@carlsbad2
Exactly. Most audio/video protocols are based on UDP. More they are real-time, more they use fast protocols which cannot permit to make any check.
TCP/IP controls correctness of every packet and the order in which packets are received. Every x packets, an "OK" packets is sent back to the origin, stating trasmission is ok, delete old packets in buffers and to go on with new packets. Otherwise a "request" to retransmit is sent back is a packet is faulty or missing. All this is expensive and heavily compromizing for the quality requested to a simply phone call. This dialog is between the origin and the end point, crossing all intermediate routers/switches and any communication equipment.
UDP instead does not control any packet, does not control any flow. If a packet is missing or faulty, it's simply gone. It's better to skip it instead of requesting it again.
Every commercial transaction, every printer dialog, any USB disk uses the TCP/IP protocols.
The most of audio/video quality communications use UDP protocols.

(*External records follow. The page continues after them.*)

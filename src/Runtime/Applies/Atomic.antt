-- ===== src/Runtime/Applies/Atomic.antt =====
-- internal/runtime/apply.go: what can become of a file, whatever fails.
use sbox_manager.Common.{
  Bool, Bool-cases, List, Member, Option, Option-cases, String, [], arith, eq_iff, false, inl, inr,
  lookup, lookup-insert, none, refl, some, true, ◌==◌, ◌∷◌, ◌≡◌, ◌≢◌,
}
use sbox_manager.Runtime.Applies.{
  apply_change, apply_changes, apply_plan, build_applied_manifest, remove_managed_file,
  write_file_atomic, write_manifest,
}
use sbox_manager.Runtime.Applies.Steps.{
  apply_change_create, apply_change_delete, apply_change_no_change, apply_change_update,
  lookup-without_path, remove_managed_file_cases, write_file_atomic_cases,
}
use sbox_manager.Runtime.Manifests.{is_path_under}
use sbox_manager.Runtime.Model.{
  Action, Change, Codec, Disk, Plan, create, delete, no_change, update,
}
use sbox_manager.Runtime.Plans.{has_changes}

abbrev pub is_write : Action → Bool
is_write create = true
is_write update = true
is_write delete = false
is_write no_change = false

module _ {B : Type 0} where
  -- A file is as it was, or the whole contents of a change of the plan that writes it, or gone by a
  -- deletion of the plan below the directory of the generated files.
  pub data Explained (generated path : String) (changes : List (Change B))
      : Option B → Option B → Type 0 where
    as_it_was : {o : Option B} → Explained generated path changes o o
    written :
        {o n : Option B} (c : Change B)
        → Member c changes
        → c.file.path ≡ path
        → is_write c.action ≡ true
        → n ≡ some c.contents
        → Explained generated path changes o n
    deleted :
        {o n : Option B} (c : Change B)
        → Member c changes
        → c.file.path ≡ path
        → c.action ≡ delete
        → is_path_under generated path ≡ true
        → n ≡ none
        → Explained generated path changes o n

  widen :
      {generated path : String} {c : Change B} {cs : List (Change B)} {a b : Option B}
      → Explained generated path (c ∷ []) a b
      → Explained generated path (c ∷ cs) a b
  widen as_it_was = as_it_was
  widen (written x (inl same) p w e) = written x (inl same) p w e
  widen (written x (inr m) p w e) = elim m [ ]
  widen (deleted x (inl same) p k u e) = deleted x (inl same) p k u e
  widen (deleted x (inr m) p k u e) = elim m [ ]

  later :
      {generated path : String} {c : Change B} {cs : List (Change B)} {a b d : Option B}
      → Explained generated path (c ∷ []) a b
      → Explained generated path cs b d
      → Explained generated path (c ∷ cs) a d
  later first as_it_was = widen first
  later first (written x m p w e) = written x (inr m) p w e
  later first (deleted x m p k u e) = deleted x (inr m) p k u e

  write-Explained :
      (generated path : String) (c : Change B) (disk : Disk B)
      → is_write c.action ≡ true
      → Explained generated path
          (c ∷ [])
          (lookup path disk.files)
          (lookup path (write_file_atomic c.file.path c.contents disk).0.files)
  write-Explained generated path c disk w =
      elim (write_file_atomic_cases c.file.path c.contents disk) [
        | inl e ↦ rw e as_it_was
        | inr e ↦ elim (Bool-cases (c.file.path == path)) [
          | inl same ↦
              written c (inl refl) ((eq_iff _ _).0 same) w
                (rw e (rw (lookup-insert c.file.path path c.contents disk.files) (rw same refl)))
          | inr other ↦
              rw e (rw (lookup-insert c.file.path path c.contents disk.files) (rw other as_it_was))
        ]
      ]

  delete-Explained :
      (generated path : String) (c : Change B) (disk : Disk B)
      → c.action ≡ delete
      → Explained generated path
          (c ∷ [])
          (lookup path disk.files)
          (lookup path (remove_managed_file c.file.path generated disk).0.files)
  delete-Explained generated path c disk k =
      elim (remove_managed_file_cases c.file.path generated disk) [
        | inl e ↦ rw e as_it_was
        | inr (e, under) ↦ elim (Bool-cases (c.file.path == path)) [
          | inl same ↦
              let here : c.file.path ≡ path = (eq_iff _ _).0 same in
              deleted c (inl refl) here k (rw here at under)
                (rw e (rw (lookup-without_path c.file.path path disk.files) (rw same refl)))
          | inr other ↦
              rw e (rw (lookup-without_path c.file.path path disk.files) (rw other as_it_was))
        ]
      ]

  change-Explained :
      (generated path : String) (c : Change B) (disk : Disk B)
      → Explained generated path
          (c ∷ [])
          (lookup path disk.files)
          (lookup path (apply_change generated c disk).0.files)
  change-Explained generated path c disk = by_action c.action refl
    where
      by_action :
          (a : Action)
          → c.action ≡ a
          → Explained generated path
              (c ∷ [])
              (lookup path disk.files)
              (lookup path (apply_change generated c disk).0.files)
      by_action create e =
          rw (apply_change_create generated c disk e)
            (write-Explained generated path c disk (rw e refl))
      by_action update e =
          rw (apply_change_update generated c disk e)
            (write-Explained generated path c disk (rw e refl))
      by_action delete e =
          rw (apply_change_delete generated c disk e) (delete-Explained generated path c disk e)
      by_action no_change e = rw (apply_change_no_change generated c disk e) as_it_was

  changes-Explained :
      (generated path : String) (cs : List (Change B)) (disk : Disk B)
      → Explained generated path cs
          (lookup path disk.files)
          (lookup path (apply_changes generated cs disk).0.files)
  unfolding apply_changes
  changes-Explained generated path [] disk = as_it_was
  changes-Explained generated path (c ∷ cs) disk =
      let first = change-Explained generated path c disk in
      let after_one = (apply_change generated c disk).0 in
      elim (Option-cases (apply_change generated c disk).1) [
        | inl e ↦
            rw (e, apply_changes) (later first (changes-Explained generated path cs after_one))
        | inr (text, e) ↦ rw (e, apply_changes) (widen first)
      ]

different : (p path : String) → path ≢ p → (p == path) ≡ false
different p path other = ground (arith, eq_iff p path)

-- Whatever fails on the way, `ApplyPlan` leaves each file other than the runtime manifest as it was,
-- or with the whole contents of a change of the plan for its path, or, if the plan deletes its path
-- and that is below the directory of the generated files, without it.
pub apply_plan-Explained :
    {B : Type 0} (codec : Codec B) (plan : Plan B) (now path : String) (disk : Disk B)
    → path ≢ plan.manifest_path
    → Explained plan.generated_dir path plan.changes
        (lookup path disk.files)
        (lookup path (apply_plan codec plan now disk).0.files)
unfolding apply_plan write_manifest
apply_plan-Explained codec plan now path disk other =
    let generated = plan.generated_dir in
    let middle = (apply_changes generated plan.changes disk).0 in
    let manifest = codec.encode_manifest (build_applied_manifest plan now) in
    let all = changes-Explained generated path plan.changes disk in
    elim (Bool-cases (has_changes plan)) [
      | inr e ↦ rw (e, apply_plan) as_it_was
      | inl e ↦ elim (Option-cases (apply_changes generated plan.changes disk).1) [
        | inr (text, f) ↦ rw (e, f, apply_plan) all
        | inl f ↦
            rw (e, f, apply_plan)
              (elim (write_file_atomic_cases plan.manifest_path manifest middle) [
                | inl g ↦ rw g all
                | inr g ↦ rw g (
                    rw (lookup-insert plan.manifest_path path manifest middle.files)
                      (rw (different plan.manifest_path path other) all))
              ])
      ]
    ]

Just to make it more clear, a packet coming from a whatever source (TIDAL, qobuz, etc) needs at least 25 ms in the best situation, and more than 100ms in a normal situation. So what you are playing is something sent to you a lot of milliseconds before. Using UDP, you receive a constant stream, with a very regular flow. Using TCP/IP you will freeze the sound every X packets, and also when ask to resend a packet. This latter situation is totally unnoticeable in a commercial transaction, but would be a disaster feeding a DAC. Of course you may use very large buffers, but starts to be a file transfer more than a streaming.